Unfortunately, @johnwlambert, I think this assumption goes deeper than just this piece of code, which just checks the assumption. Several other functions that construct matrices related to the convergence certificate also use the fact that the graph is connected and keys are 0..N-1. There are about 10 places where nrUnknowns is used to dimension a sparse or dense matrix. I'm not saying it can't be solved, but it's not a quick fix, rather a major philosophical overhaul.

johnwlambert commented 3 years ago

Yeah this is what I was discovering also as I looked through the other Shonan code in Shonan.cpp.

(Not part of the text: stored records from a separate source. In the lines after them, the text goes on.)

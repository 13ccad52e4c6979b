-- ===== src/Node/Outcomes/Stage.antt =====
-- `NodeStageVolume`: what it did when it returns, and the options of its mounts.
use csi_runtime.Base.{
  String, ◌≡◌, ◌≢◌, refl, Bool, true, false, not, ◌&&◌, ◌||◌, List, [], ◌∷◌, Option, none, some, ok,
  arith, str_eq,
}
use csi_runtime.Rpc.{Errors}
use csi_runtime.Csi.{
  NodeStageVolumeRequest, VolumeCapability, AccessType, MountVolume, block, mount,
}
use csi_runtime.Node.Calls.{
  symlink, populate, mount_sensitive, format_and_mount_sensitive, MountResponse,
}
use csi_runtime.Node.Capability.{readonly, get_mount}
use csi_runtime.Node.Server.{Server, is_empty}
use csi_runtime.Node.Stage.{
  Slices, fs_type_xfs, mount_response, stage_block, stage_mount, response_fs_type, stage_populate,
  stage_filesystem, stage_access, stage, node_stage_volume,
}
use csi_runtime.Node.World.{Event, Oracle, World, run, semantics}
use csi_runtime.Node.World.EndsWith.{EndsWith, EndsWith->>=, EndsWith-locked, EndsWith-require_some}

-- The last call of a stage that succeeded, by access type: a link from the staging path to a device,
-- or a mount or the manager's `Populate` at the staging path.
abbrev pub Staged : String → Option AccessType → List Event → Type 0
Staged path (some block) ((symlink d p, ok _) ∷ es) = (p ≡ path) × (is_empty d ≡ false)
Staged path (some (mount m)) ((populate p _ _ _, ok _) ∷ es) = p ≡ path
Staged path (some (mount m)) ((mount_sensitive _ p _ _ _, ok _) ∷ es) = p ≡ path
Staged path (some (mount m)) ((format_and_mount_sensitive _ p _ _ _, ok _) ∷ es) = p ≡ path
Staged path _ _ = ⊥

module _ (errors : Errors) (slices : Slices) (ns : Server) (req : NodeStageVolumeRequest) where
  stage_access_last :
      (vc : VolumeCapability) (d : String) (a : Option AccessType)
      → a ≢ none
      → EndsWith (Staged req.staging_target_path a) (stage_access errors slices ns req vc d a)
  unfolding semantics stage_access stage_block stage_filesystem stage_mount mount_response
      stage_populate
  stage_access_last vc d none given = absurd (given refl)
  stage_access_last vc d (some block) given = record { at = λ o w a h. ground arith }
  stage_access_last vc d (some (mount m)) given = record { at = λ o w a h. ground arith }

module _ (o : Oracle) (errors : Errors) (slices : Slices) (ns : Server)
    (req : NodeStageVolumeRequest) (w : World) where
  -- When `NodeStageVolume` succeeds for a capability with an access type, its last call provided the
  -- staging path as `Staged` says, and succeeded: a stage is never reported that provided nothing.
  pub stage_ok :
      (vc : VolumeCapability)
      → req.volume_capability ≡ some vc
      → vc.access_type ≢ none
      → (run o (node_stage_volume errors slices ns req) w).0 ≡ ok tt
      → Staged req.staging_target_path vc.access_type
          (run o (node_stage_volume errors slices ns req) w).1.history
  unfolding node_stage_volume stage
  stage_ok vc is given =
      (EndsWith->>= _ _ λ _. EndsWith->>= _ _ λ _. EndsWith->>= _ _ λ _.
          EndsWith-require_some _ _ vc _ is (
            EndsWith->>= _ _ λ _. EndsWith-locked _ _ (
              EndsWith->>= _ _
                λ d. stage_access_last errors slices ns req vc d vc.access_type given))).at
        o w tt

abbrev pub below : List Event → List Event
below [] = []
below (e ∷ es) = es

abbrev pub contains : String → List String → Bool
contains x [] = false
contains x (y ∷ ys) = str_eq x y || contains x ys

-- The documented contents of what package slice returns.
pub record IsLawful (slices : Slices) : Type 0 where
  pub contains-union :
      (x : String) (a b : List String)
      → contains x (slices.union a b) ≡ (contains x a || contains x b)
  pub contains-append_if_absent :
      (x : String) (a : List String) (y : String)
      → contains x (slices.append_if_absent a y) ≡ (contains x a || str_eq x y)
  pub contains-difference :
      (x : String) (a b : List String)
      → contains x (slices.difference a b) ≡ (contains x a && not (contains x b))

abbrev pub flags_of : Option MountVolume → List String
flags_of none = []
flags_of (some m) = m.mount_flags

module _ (slices : Slices) (laws : IsLawful slices) where
  -- `opts` are the flags of the capability, `nouuid` on xfs, `ro` for a read-only access mode and the
  -- options of the manager, and `sens` the sensitive options of the manager that are none of the first
  -- three.
  abbrev pub Options :
      VolumeCapability → String → MountResponse → List String → List String → Type 0
  Options vc fs_type m opts sens =
      (x : String)
      → let asked =
          contains x (flags_of (get_mount vc.access_type))
          || ((str_eq fs_type fs_type_xfs && str_eq x "nouuid")
              || (readonly vc && str_eq x "ro")) in
        (contains x opts ≡ (asked || contains x m.options))
        × (contains x sens ≡ (contains x m.sensitive_options && not asked))

  -- The last call mounts the source that the manager named on `path`, formatting it if the manager asks
  -- for that, with those options.
  abbrev pub MountedAs : String → VolumeCapability → MountResponse → List Event → Type 0
  MountedAs path vc m ((mount_sensitive s t f opts sens, _) ∷ es) =
      (m.format ≡ false)
      × (s ≡ m.source)
      × (t ≡ path)
      × (f ≡ response_fs_type (get_mount vc.access_type) m)
      × Options vc (response_fs_type (get_mount vc.access_type) m) m opts sens
  MountedAs path vc m ((format_and_mount_sensitive s t f opts sens, _) ∷ es) =
      (m.format ≡ true)
      × (s ≡ m.source)
      × (t ≡ path)
      × (f ≡ m.fstype)
      × Options vc (response_fs_type (get_mount vc.access_type) m) m opts sens
  MountedAs path vc m _ = ⊥
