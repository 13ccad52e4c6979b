-- ===== src/Node/Outcomes/Succeeds.antt =====
-- The handlers succeed on complete requests when the calls that they make do.
use csi_runtime.Base.{String, ◌≡◌, true, false, [], ◌∷◌, List, some, ok, arith, if◌then◌else◌}
use csi_runtime.Rpc.{Errors}
use csi_runtime.VolumeLocks.{has}
use csi_runtime.Csi.{
  Context, NodeUnpublishVolumeRequest, NodePublishVolumeRequest, NodeStageVolumeRequest,
  VolumeCapability, MountVolume, mount,
}
use csi_runtime.Node.Calls
use csi_runtime.Node.Calls.{
  Call, FileInfo, MountPoint, MountResponse, unmount, remove, stat, eval_symlinks, list_mounts,
  detach_block, is_likely_not_mount_point, mount_sensitive, mount_sensitive_without_systemd,
}
use csi_runtime.Node.Capability.{validate_volume_capability, get_mount}
use csi_runtime.Node.Devices.{bind_mount}
use csi_runtime.Node.Server.{Server, is_empty}
use csi_runtime.Node.Publish.{node_publish_volume, check_publish, publish, publish_mount}
use csi_runtime.Node.Stage.{
  Slices, default_fs_type, fs_type_or, response_fs_type, mount_options, node_stage_volume,
  check_stage, stage, attach, stage_access, stage_filesystem, stage_mount, stage_populate,
  mount_response,
}
use csi_runtime.Node.Unpublish.{node_unpublish_volume, unmount_and_remove}
use csi_runtime.Node.World.{Event, Oracle, World, run, semantics}

-- `NodeUnpublishVolume` succeeds for a complete request on a free volume when the unmount and the
-- removal do.
unpublish_succeeds :
    (o : Oracle) (errors : Errors) (req : NodeUnpublishVolumeRequest) (w : World)
    → is_empty req.volume_id ≡ false
    → is_empty req.target_path ≡ false
    → has req.volume_id w.locks.locks ≡ false
    → ((h : List Event) → o h (unmount req.target_path) ≡ ok tt)
    → ((h : List Event) → o h (remove req.target_path) ≡ ok tt)
    → (run o (node_unpublish_volume errors req) w).0 ≡ ok tt
unfolding semantics node_unpublish_volume unmount_and_remove
unpublish_succeeds o errors req w i t free u r = ground (
  arith,
  u w.history,
  r ((unmount req.target_path, o w.history (unmount req.target_path)) ∷ w.history),
)

-- `NodePublishVolume` succeeds for a complete request to mount, on a free volume of a manager without
-- checks of its own, when both paths are directories, nothing is mounted on the target path, as the
-- mounter says, and the mounter mounts as it is asked to.
pub publish_succeeds :
    (o : Oracle) (errors : Errors) (ns : Server) (req : NodePublishVolumeRequest)
    (vc : VolumeCapability) (m : MountVolume) (target staging : FileInfo) (w : World)
    → is_empty req.volume_id ≡ false
    → is_empty req.staging_target_path ≡ false
    → has req.volume_id w.locks.locks ≡ false
    → req.volume_capability ≡ some vc
    → validate_volume_capability vc ≡ ok tt
    → vc.access_type ≡ some (mount m)
    → ns.manager.validates ≡ false
    → target.is_dir ≡ true
    → staging.is_dir ≡ true
    → ((h : List Event) → o h (stat req.target_path) ≡ ok target)
    → ((h : List Event) → o h (stat req.staging_target_path) ≡ ok staging)
    → ((h : List Event) → o h (is_likely_not_mount_point req.target_path) ≡ ok true)
    → ((h : List Event) (a : List String)
        → o h (mount_sensitive_without_systemd req.staging_target_path req.target_path "" a [])
          ≡ ok tt)
    → (run o (node_publish_volume errors ns req) w).0 ≡ ok tt
unfolding semantics node_publish_volume check_publish publish publish_mount bind_mount
publish_succeeds o errors ns req vc m target staging w i s free c v a n dt ds at_target at_staging
      nm mo =
    let h = (stat req.target_path, o w.history (stat req.target_path)) ∷ w.history in
    let h' =
      (is_likely_not_mount_point req.target_path, o h (is_likely_not_mount_point req.target_path))
      ∷ h in
    let h'' = (stat req.staging_target_path, o h' (stat req.staging_target_path)) ∷ h' in
    ground (
      arith,
      v,
      at_target w.history,
      nm h,
      at_staging h',
      mo h'' ("bind" ∷ (if req.readonly then "ro" ∷ [] else [])),
    )

-- `NodeStageVolume` succeeds for a complete request to mount, on a free volume of a manager that
-- has `Mount` and neither `Block` nor `Populate` nor checks of its own, when the staging path is a
-- directory and the manager asks for a mount without formatting, which the mounter does.
pub stage_succeeds :
    (o : Oracle) (errors : Errors) (slices : Slices) (ns : Server) (req : NodeStageVolumeRequest)
    (vc : VolumeCapability) (m : MountVolume) (dir : FileInfo) (r : MountResponse) (w : World)
    → is_empty req.volume_id ≡ false
    → is_empty req.staging_target_path ≡ false
    → has req.volume_id w.locks.locks ≡ false
    → req.volume_capability ≡ some vc
    → validate_volume_capability vc ≡ ok tt
    → vc.access_type ≡ some (mount m)
    → ns.manager.validates ≡ false
    → ns.manager.mounts ≡ true
    → ns.manager.populates ≡ false
    → ns.manager.blocks ≡ false
    → dir.is_dir ≡ true
    → r.format ≡ false
    → ((h : List Event) → o h (stat req.staging_target_path) ≡ ok dir)
    → ((h : List Event) (p t : String) (a b c : Context)
        → o h (Calls.mount p t a b c) ≡ ok (some r))
    → ((h : List Event) (f : String) (a b : List String)
        → o h (mount_sensitive r.source req.staging_target_path f a b) ≡ ok tt)
    → (run o (node_stage_volume errors slices ns req) w).0 ≡ ok tt
unfolding semantics node_stage_volume check_stage stage attach stage_access stage_filesystem
    stage_mount stage_populate mount_response
stage_succeeds o errors slices ns req vc m dir r w i s free c v a nv nm np nb d f st ma mo =
    let h =
      (stat req.staging_target_path, o w.history (stat req.staging_target_path)) ∷ w.history in
    let asked =
      Calls.mount req.staging_target_path (fs_type_or (get_mount vc.access_type) default_fs_type)
        req.volume_context req.publish_context req.secrets in
    let mnt = get_mount vc.access_type in
    let t = response_fs_type mnt r in
    let options = mount_options slices vc mnt t in
    ground (
      arith,
      v,
      st w.history,
      ma h req.staging_target_path (fs_type_or mnt default_fs_type) req.volume_context
          req.publish_context req.secrets,
      mo ((asked, o h asked) ∷ h) t (slices.union options r.options)
          (slices.difference r.sensitive_options options),
    )
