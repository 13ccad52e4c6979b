-- ===== src/Node/Outcomes/Unstage.antt =====
-- `NodeUnpublishVolume` and `NodeUnstageVolume`: what they did when they return.
use csi_runtime.Base.{
  Result-cases, refl, Bool-cases, inl, inr, Result, String, ◌≡◌, Bool, true, false, List, ◌∷◌, ok,
  arith, ◌==◌, not, if◌then◌else◌,
}
use csi_runtime.Rpc.{Error, Errors}
use csi_runtime.Base.Prog.{when◌then◌else◌}
use csi_runtime.VolumeLocks.{has}
use csi_runtime.Csi.{NodeUnpublishVolumeRequest, NodeUnstageVolumeRequest}
use csi_runtime.Node.Calls.{
  FileInfo, unmount, remove, remove_all, stat, eval_symlinks, detach_block, list_mounts,
  is_likely_not_mount_point,
}
use csi_runtime.Node.Devices.{get_device_from_path, get_device_from_mount, device_at, mode_device}
use csi_runtime.Node.Server.{Server, is_empty}
use csi_runtime.Node.Asks.{do_remove}
use csi_runtime.Node.Unpublish.{node_unpublish_volume, unmount_and_remove}
use csi_runtime.Node.Unstage.{unstage_mount, unmount_and_detach, node_unstage_volume, unstage}
use csi_runtime.Node.World.EndsWith.{EndsWith->>=, EndsWith-locked, EndsWith, ends_given}
use csi_runtime.Node.World.{Event, Oracle, World, run, semantics}

-- When `NodeUnpublishVolume` succeeds, the request named a volume and a target path, the volume was
-- not locked, and the calls made were an unmount of the target path and then its removal, both of
-- which succeeded.
pub unpublish_ok :
    (o : Oracle) (errors : Errors) (req : NodeUnpublishVolumeRequest) (w : World)
    → (run o (node_unpublish_volume errors req) w).0 ≡ ok tt
    → (is_empty req.volume_id ≡ false)
      × (is_empty req.target_path ≡ false)
      × (has req.volume_id w.locks.locks ≡ false)
      × ((run o (node_unpublish_volume errors req) w).1.history
          ≡ (remove req.target_path, ok tt) ∷ (unmount req.target_path, ok tt) ∷ w.history)
unfolding semantics node_unpublish_volume unmount_and_remove
unpublish_ok o errors req w h = ground arith

-- The calls that found whether the path behind `path` is a device.
unfoldable pub Looked : String → Bool → List Event → Type 0
Looked path is_device ((stat t, ok file) ∷ (eval_symlinks q, ok dev) ∷ es) =
    (q ≡ path)
    × (t ≡ dev)
    × (is_device ≡ not (is_empty (if file.mode == mode_device then dev else "")))
Looked path is_device _ = ⊥

-- The calls that found, of a path that is no device, what is mounted on it.
abbrev pub Asked : String → List Event → Type 0
Asked path
      ((list_mounts, ok mps)
        ∷ (is_likely_not_mount_point l, ok not_mnt)
        ∷ (eval_symlinks q, ok t)
        ∷ es) =
    (not_mnt ≡ false) × (l ≡ t) × (q ≡ path) × Looked path false es
Asked path ((is_likely_not_mount_point l, ok not_mnt) ∷ (eval_symlinks q, ok t) ∷ es) =
    (not_mnt ≡ true) × (l ≡ t) × (q ≡ path) × Looked path false es
Asked path _ = ⊥

-- The device that those calls found, or the empty path.
abbrev pub device_found : List Event → String
device_found ((list_mounts, ok mps) ∷ (is_likely_not_mount_point l, ok _) ∷ es) = device_at l mps
device_found _ = ""

-- What a successful `NodeUnstageVolume` did last. It removed a staging path that leads to a device; or,
-- of another path, it unmounted it if a device was found mounted there and else removed it, and then,
-- where the manager has `Block`, had the device that was found detached.
abbrev pub Unstaged : Bool → String → List Event → Type 0
Unstaged blocks path ((remove p, ok _) ∷ es) = (p ≡ path) × Looked path true es
Unstaged blocks path ((detach_block d, ok _) ∷ (unmount p, ok _) ∷ es) =
    (blocks ≡ true)
    × (p ≡ path)
    × (d ≡ device_found es)
    × (is_empty (device_found es) ≡ false)
    × Asked path es
Unstaged blocks path ((detach_block d, ok _) ∷ (remove_all p, ok _) ∷ es) =
    (blocks ≡ true)
    × (p ≡ path)
    × (d ≡ device_found es)
    × (is_empty (device_found es) ≡ true)
    × Asked path es
Unstaged blocks path ((unmount p, ok _) ∷ es) =
    (blocks ≡ false) × (p ≡ path) × (is_empty (device_found es) ≡ false) × Asked path es
Unstaged blocks path ((remove_all p, ok _) ∷ es) =
    (blocks ≡ false) × (p ≡ path) × (is_empty (device_found es) ≡ true) × Asked path es
Unstaged blocks path _ = ⊥

module _ (o : Oracle) (path : String) where
  looked :
      (v : World) (d : String)
      → (run o (get_device_from_path path) v).0 ≡ ok d
      → Looked path (not (is_empty d)) (run o (get_device_from_path path) v).1.history
  unfolding semantics get_device_from_path Looked
  looked v d h = ground arith

  asked :
      (v : World) (d : String)
      → Looked path false v.history
      → (run o (get_device_from_mount path) v).0 ≡ ok d
      → (d ≡ device_found (run o (get_device_from_mount path) v).1.history)
        × Asked path (run o (get_device_from_mount path) v).1.history
  unfolding semantics get_device_from_mount
  asked v d l h = elim (Result-cases (o v.history (eval_symlinks path))) [
    | inr (_, e) ↦ ground (arith, e)
    | inl (t, e) ↦
        let linked = (eval_symlinks path, ok t) ∷ v.history in
        elim (Result-cases (o linked (is_likely_not_mount_point t))) [
          | inr (_, e') ↦ ground (arith, e, e')
          | inl (true, e') ↦
              let ran : run o (get_device_from_mount path) v ≡ (
                ok "",
                record v { history = (is_likely_not_mount_point t, ok true) ∷ linked },
              ) =
                ground (arith, e, e') in
              rw ran (ground (arith, rw ran at h), (refl, refl, refl, l))
          | inl (false, e') ↦
              let asks = (is_likely_not_mount_point t, ok false) ∷ linked in
              elim (Result-cases (o asks list_mounts)) [
                | inr (_, e'') ↦ ground (arith, e, e', e'')
                | inl (mps, e'') ↦
                    let ran : run o (get_device_from_mount path) v ≡ (
                      ok (device_at t mps),
                      record v { history = (list_mounts, ok mps) ∷ asks },
                    ) =
                      ground (arith, e, e', e'') in
                    rw ran (ground (arith, rw ran at h), (refl, refl, refl, l))
              ]
        ]
  ]

module _ (o : Oracle) (ns : Server) (req : NodeUnstageVolumeRequest) where
  detached :
      (v : World) (d : String)
      → d ≡ device_found v.history
      → Asked req.staging_target_path v.history
      → (run o (unmount_and_detach ns req d) v).0 ≡ ok tt
      → Unstaged ns.manager.blocks req.staging_target_path
          (run o (unmount_and_detach ns req d) v).1.history
  unfolding semantics unmount_and_detach
  detached v d is a h = ground arith

  removed :
      (v : World)
      → Looked req.staging_target_path true v.history
      → (run o (do_remove req.staging_target_path) v).0 ≡ ok tt
      → Unstaged ns.manager.blocks req.staging_target_path
          (run o (do_remove req.staging_target_path) v).1.history
  unfolding semantics
  removed v l h = ground arith

  not_device :
      (v : World)
      → Looked req.staging_target_path false v.history
      → (run o (unstage_mount ns req) v).0 ≡ ok tt
      → Unstaged ns.manager.blocks req.staging_target_path
          (run o (unstage_mount ns req) v).1.history
  unfolding unstage_mount
  not_device v l =
      ends_given o (Unstaged ns.manager.blocks req.staging_target_path) _ _ v tt
        λ d e. let (is, a) = asked o req.staging_target_path v d l e in detached _ d is a

  by_device :
      (d : String) (v : World)
      → Looked req.staging_target_path (not (is_empty d)) v.history
      → let p =
          when not (is_empty d) then do_remove req.staging_target_path else unstage_mount ns req in
        (run o p v).0 ≡ ok tt
        → Unstaged ns.manager.blocks req.staging_target_path (run o p v).1.history
  unfolding when◌then◌else◌
  by_device d v l = elim (Bool-cases (is_empty d)) [
    | inl none ↦ rw none (not_device v (rw none at l))
    | inr device ↦ rw device (removed v (rw device at l))
  ]

unstage_last :
    (ns : Server) (req : NodeUnstageVolumeRequest)
    → EndsWith (Unstaged ns.manager.blocks req.staging_target_path) (unstage ns req)
unfolding unstage
unstage_last ns req = record {
  at = λ o v a.
      ends_given o (Unstaged ns.manager.blocks req.staging_target_path) _ _ v tt
        λ d e. by_device o ns req d _ (looked o req.staging_target_path v d e);
}

module _ (o : Oracle) (ns : Server) (req : NodeUnstageVolumeRequest) (w : World) where
  -- When `NodeUnstageVolume` succeeds, its last calls found that the staging path leads to a device and
  -- removed it; or found that it does not, and unmounted it if a device with a name was found mounted
  -- there, and else removed it with all below, and then, exactly where the manager has `Block`, had the
  -- device that was found detached.
  pub unstage_ok :
      (run o (node_unstage_volume ns req) w).0 ≡ ok tt
      → Unstaged ns.manager.blocks req.staging_target_path
          (run o (node_unstage_volume ns req) w).1.history
  unfolding node_unstage_volume
  unstage_ok =
      (EndsWith->>= _ _ λ _. EndsWith->>= _ _ λ _. EndsWith-locked _ _ (unstage_last ns req)).at o w
        tt

  -- The staging path of a block volume is never detached: when the path leads to a device with the
  -- bare device mode, the calls of `NodeUnstageVolume` on a volume that is free are the two that
  -- find the device and the removal of the path, also where the manager has `Block`.
  device_is_not_detached :
      (dev : String) (file : FileInfo)
      → is_empty req.volume_id ≡ false
      → is_empty req.staging_target_path ≡ false
      → has req.volume_id w.locks.locks ≡ false
      → ((h : List Event) → o h (eval_symlinks req.staging_target_path) ≡ ok dev)
      → ((h : List Event) → o h (stat dev) ≡ ok file)
      → is_empty dev ≡ false
      → file.mode ≡ mode_device
      → (r : Result Error (Unit {0})) × ((run o (node_unstage_volume ns req) w).1.history
          ≡ (remove req.staging_target_path, r)
            ∷ (stat dev, ok file)
            ∷ (eval_symlinks req.staging_target_path, ok dev)
            ∷ w.history)
  unfolding semantics node_unstage_volume unstage get_device_from_path
  device_is_not_detached dev file i p free ev st ne m = (
    o ((stat dev, ok file) ∷ (eval_symlinks req.staging_target_path, ok dev) ∷ w.history)
        (remove req.staging_target_path),
    ground (
      arith,
      ev w.history,
      st (
          (
            eval_symlinks req.staging_target_path,
            o w.history (eval_symlinks req.staging_target_path),
          )
          ∷ w.history),
    ),
  )
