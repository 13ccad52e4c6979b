-- ===== src/Node/Outcomes/Unstages.antt =====
-- `NodeUnstageVolume` succeeds on complete requests when the calls that it makes do.
use csi_runtime.Base.{String, ◌≡◌, ◌≢◌, false, ◌∷◌, List, ok, arith}
use csi_runtime.Base.Prog.{bind, ◌>>=◌, continue, when◌then◌else◌}
use csi_runtime.VolumeLocks.{has}
use csi_runtime.Csi.{NodeUnstageVolumeRequest}
use csi_runtime.Node.Calls.{
  FileInfo, MountPoint, unmount, stat, eval_symlinks, list_mounts, detach_block, Handler,
  is_likely_not_mount_point,
}
use csi_runtime.Node.Devices.{mode_device, device_at, get_device_from_path, get_device_from_mount}
use csi_runtime.Node.Server.{Server, is_empty, require_text}
use csi_runtime.Node.Unstage.{node_unstage_volume, unstage, unstage_mount, unmount_and_detach}
use csi_runtime.Node.World.{Event, Oracle, World, run, run-bind, semantics}
use csi_runtime.Node.World.EndsWith.{run-locked}

succeeds->>= :
    {A B : Type 0} (o : Oracle) (m : Handler A) (f : A → Handler B) (a : A) (b : B) (v : World)
    → (run o m v).0 ≡ ok a
    → ((u : World) → (run o (f a) u).0 ≡ ok b)
    → (run o (m >>= f) v).0 ≡ ok b
unfolding ◌>>=◌
succeeds->>= o m f a b v is rest = rw (run-bind o m (continue f) v, is) (rest (run o m v).1)

-- A device is mounted on the staging path, which is none, and the calls answer so.
module _ (o : Oracle) (ns : Server) (req : NodeUnstageVolumeRequest) (path : String)
    (file : FileInfo) (mps : List MountPoint) (ne : file.mode ≢ mode_device)
    (dv : is_empty (device_at path mps) ≡ false)
    (ev : (h : List Event) → o h (eval_symlinks req.staging_target_path) ≡ ok path)
    (st : (h : List Event) → o h (stat path) ≡ ok file)
    (nm : (h : List Event) → o h (is_likely_not_mount_point path) ≡ ok false)
    (ls : (h : List Event) → o h list_mounts ≡ ok mps)
    (um : (h : List Event) → o h (unmount req.staging_target_path) ≡ ok tt)
    (de : (h : List Event) (d : String) → o h (detach_block d) ≡ ok tt) where
  no_device : (v : World) → (run o (get_device_from_path req.staging_target_path) v).0 ≡ ok ""
  unfolding semantics get_device_from_path
  no_device v =
      let h =
        (eval_symlinks req.staging_target_path, o v.history (eval_symlinks req.staging_target_path))
        ∷ v.history in
      ground (arith, ev v.history, st h)

  mounted_device :
      (v : World)
      → (run o (get_device_from_mount req.staging_target_path) v).0 ≡ ok (device_at path mps)
  unfolding semantics get_device_from_mount
  mounted_device v =
      let h =
        (eval_symlinks req.staging_target_path, o v.history (eval_symlinks req.staging_target_path))
        ∷ v.history in
      let h' = (is_likely_not_mount_point path, o h (is_likely_not_mount_point path)) ∷ h in
      ground (arith, ev v.history, nm h, ls h')

  detaches : (v : World) → (run o (unmount_and_detach ns req (device_at path mps)) v).0 ≡ ok tt
  unfolding semantics unmount_and_detach
  detaches v =
      let c = unmount req.staging_target_path in
      ground (arith, um v.history, de ((c, o v.history c) ∷ v.history) (device_at path mps))

  unstages : (v : World) → (run o (unstage ns req) v).0 ≡ ok tt
  unfolding unstage unstage_mount when◌then◌else◌
  unstages v =
      succeeds->>= o _ _ "" tt v (no_device v)
        λ u. succeeds->>= o _ _ (device_at path mps) tt u (mounted_device u) detaches

  -- `NodeUnstageVolume` succeeds for a complete request on a free volume when the staging path is no
  -- device, a device is mounted on it, and the unmount and the manager's `DetachBlock`, if it has it,
  -- do.
  pub unstage_succeeds :
      (w : World)
      → is_empty req.volume_id ≡ false
      → is_empty req.staging_target_path ≡ false
      → has req.volume_id w.locks.locks ≡ false
      → (run o (node_unstage_volume ns req) w).0 ≡ ok tt
  unfolding node_unstage_volume ◌>>=◌ bind require_text
  unstage_succeeds w i p free = ground (
    arith,
    run-locked o req.volume_id (unstage ns req) w,
    unstages (record w { locks = record { locks = req.volume_id ∷ w.locks.locks } }),
  )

@dellaert I don't see a way to do this without a re-mapping of keys to zero-indexed consecutive variables (e.g. relating to matrix rows/cols) either on the GTSAM end, or on the GTSFM end, to remove this assumption.

I assume we are doing that elsewhere in GTSAM for arbitrarily-named keys in the factor graph, when forming a sparse system. Is there something we could take from there?